Educating yourself about the ins and outs of debt negotiation is
a good first step. Please note that the term ‘debt negotiation’
is also known as debt arbitration or debt settlement.

For starters, a lender has little motivation to arbitrate
anything less than the full amount unless the person is two to
three months behind in payment.

To answer your question is debt negotiation bad? You need view it
as a last-resort measure. The truth of the matter is it’s one
step away from declaring bankruptcy.

Remember, your lender gave you the money or property in good
faith. He or she has every right to expect that the loan be
repaid in full. Morally, you should do everything that is within
your power to pay your debt(s).

However, this is not always possible and despite how much you
would like to repay the loan in full you just can’t – not now and
not in the foreseeable future.
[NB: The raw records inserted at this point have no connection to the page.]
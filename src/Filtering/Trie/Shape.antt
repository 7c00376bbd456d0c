-- ===== src/Filtering/Trie/Shape.antt =====
-- No label stands twice at a node, whatever is put or deleted.
use hydra_dns.Base.{
  ◌≡◌, inl, inr, refl, arith, [], ◌∷◌, List, Bool, false, ◌||◌, none, some, Bytes, bytes_eq,
  bytes_eq_iff, Bool-cases, Option-cases,
}
use hydra_dns.Filtering.Trie.{
  Children, nil, child, TrieNode, get_child, put_child, delete_child, child_or_new, add_labels,
  merge_children,
}
use hydra_dns.Filtering.Trie.Marks.{IsTree, bytes_eq_refl, get_child-put_child}

pub IsTree-put_child :
    (l : Bytes) (b : TrieNode) (cs : Children)
    → IsTree cs
    → IsTree b.children
    → IsTree (put_child l b cs)
unfolding put_child get_child
IsTree-put_child l b nil h k = (k, refl, tt)
IsTree-put_child l b (child x cs e w rest) (below, once, later) k =
    elim (Bool-cases (bytes_eq x l)) [
      | inl s ↦ rw s (k, once, later)
      | inr s ↦
          let other : bytes_eq l x ≡ false =
            ground (arith, s, bytes_eq_iff x l, bytes_eq_iff l x, bytes_eq_refl x) in
          let absent : get_child x (put_child l b rest) ≡ none =
            rw (get_child-put_child x l b rest, other) once in
          rw s (below, absent, IsTree-put_child l b rest later k)
    ]

get_child-delete_child-none :
    (p l : Bytes) (cs : Children) → get_child p cs ≡ none → get_child p (delete_child l cs) ≡ none
unfolding get_child delete_child
get_child-delete_child-none p l nil h = refl
get_child-delete_child-none p l (child x cs e w rest) h = elim (Bool-cases (bytes_eq x p)) [
  | inl s ↦ ground (arith, s, h)
  | inr s ↦
      let later : get_child p rest ≡ none = ground (arith, s, h) in
      elim (Bool-cases (bytes_eq x l)) [
        | inl t ↦ rw t later
        | inr t ↦ rw (t, s) (get_child-delete_child-none p l rest later)
      ]
]

pub IsTree-delete_child : (l : Bytes) (cs : Children) → IsTree cs → IsTree (delete_child l cs)
unfolding delete_child
IsTree-delete_child l nil h = tt
IsTree-delete_child l (child x cs e w rest) (below, once, later) =
    elim (Bool-cases (bytes_eq x l)) [
      | inl s ↦ rw s later
      | inr s ↦
          rw s (below, get_child-delete_child-none x l rest once, IsTree-delete_child l rest later)
    ]

pub IsTree-get_child :
    (l : Bytes) (cs : Children) (b : TrieNode)
    → IsTree cs
    → get_child l cs ≡ some b
    → IsTree b.children
unfolding get_child
IsTree-get_child l nil b h e = ground (arith, e)
IsTree-get_child l (child x cs e w rest) b (below, once, later) h =
    elim (Bool-cases (bytes_eq x l)) [
      | inl s ↦
          let same : record { children = cs; is_end = e; is_wild = w } ≡ b =
            ground (arith, rw s at h) in
          rw (← same) below
      | inr s ↦ IsTree-get_child l rest b later (rw s at h)
    ]

pub IsTree-child_or_new :
    (l : Bytes) (cs : Children) → IsTree cs → IsTree (child_or_new l cs).children
unfolding child_or_new
IsTree-child_or_new l cs h = elim (Option-cases (get_child l cs)) [
  | inl e ↦ rw (child_or_new, e) tt
  | inr (b, e) ↦ rw (child_or_new, e) (IsTree-get_child l cs b h e)
]

pub IsTree-add_labels :
    (q : List Bytes) (wildcard : Bool) (n : TrieNode)
    → IsTree n.children
    → IsTree (add_labels q wildcard n).0.children
unfolding add_labels
IsTree-add_labels [] wildcard n h = h
IsTree-add_labels (l ∷ ls) wildcard n h =
    IsTree-put_child l (add_labels ls wildcard (child_or_new l n.children)).0 n.children h (
      IsTree-add_labels ls wildcard (child_or_new l n.children)
        (IsTree-child_or_new l n.children h))

pub IsTree-merge_children :
    (src dst : Children) → IsTree src → IsTree dst → IsTree (merge_children src dst).0
unfolding merge_children
IsTree-merge_children nil dst h k = k
IsTree-merge_children (child l cs e w rest) dst (tree, once, later) k =
    let old = child_or_new l dst in
    let inner = IsTree-merge_children cs old.children tree (IsTree-child_or_new l dst k) in
    let below : TrieNode = record {
      children = (merge_children cs old.children).0;
      is_end = old.is_end || e;
      is_wild = old.is_wild || w;
    } in
    IsTree-merge_children rest (put_child l below dst) later (IsTree-put_child l below dst k inner)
This is where debt negotiation
comes into play. It may be your only logical course of action.

And, in the case of an old debt that you’ve long since forgotten
about, debt negotiation would be the best way of dealing with it.
There’s no point in keeping a small blemish on report when a
little negotiation can easily turn things around.

But if you find yourself overwhelmed with your current debt load,
credit counselling should instead be your first action step. A
credit counsellor will give you some tools and suggestions for
reducing your payments.

Debt consolidation may be more appropriate. A credit counsellor
will walk you through the debt consolidation process. In a
nutshell, it means creating a whole new loan for a longer period
of time. This would hopefully lower your payments enough so you
can get back on track.

Please know however, that debt consolidation can be nothing more
than a way of putting off the evitable. It really does little to
correct the problem. That’s why many people come back to debt
negotiation as a way of getting out of their financial problems
and starting fresh start.

If you’re determined to pay of your debt(s) and turn over a new
‘financial’ leaf you may wish to contact your creditors yourself.
By doing so, you may be able to negotiate a lower interest rate
or a more realistic repayment plan. This is known as self
arbitration.

So, is debt negotiation bad if you really need it? The bottom
line answer is no. When your debt is very delinquent, negotiation
is often in your best interest. If this is the case, now is the
time to either consider self arbitration or seek out the help of
a debt negotiation company.

Although a debt negotiation program will lower your credit score
for as long a you’re in the program, you’ll also find that most
debt negotiation companies require the creditor to make sure that
the final credit report reflects the account is now paid in full.
Therefore, once your account is settled you will no longer have a
negative report.

A number of debt negotiation companies also include a credit
repair service as part of their debt negotiation program. This
repair service removes any negative items caused by the program.
Although it is part of the program there are additional fees
associated with this service.

Is debt negotiation bad? Ultimately, you’re the best person to
judge whether debt negotiation is right for you or if it’s in
your best interest to consider another alternative such as debt
consolidation.

This is where negotiation and your question, “Is debt negotiation
bad?” comes in. Debt negotiation is bad in that it means the
complete destruction of your credit history.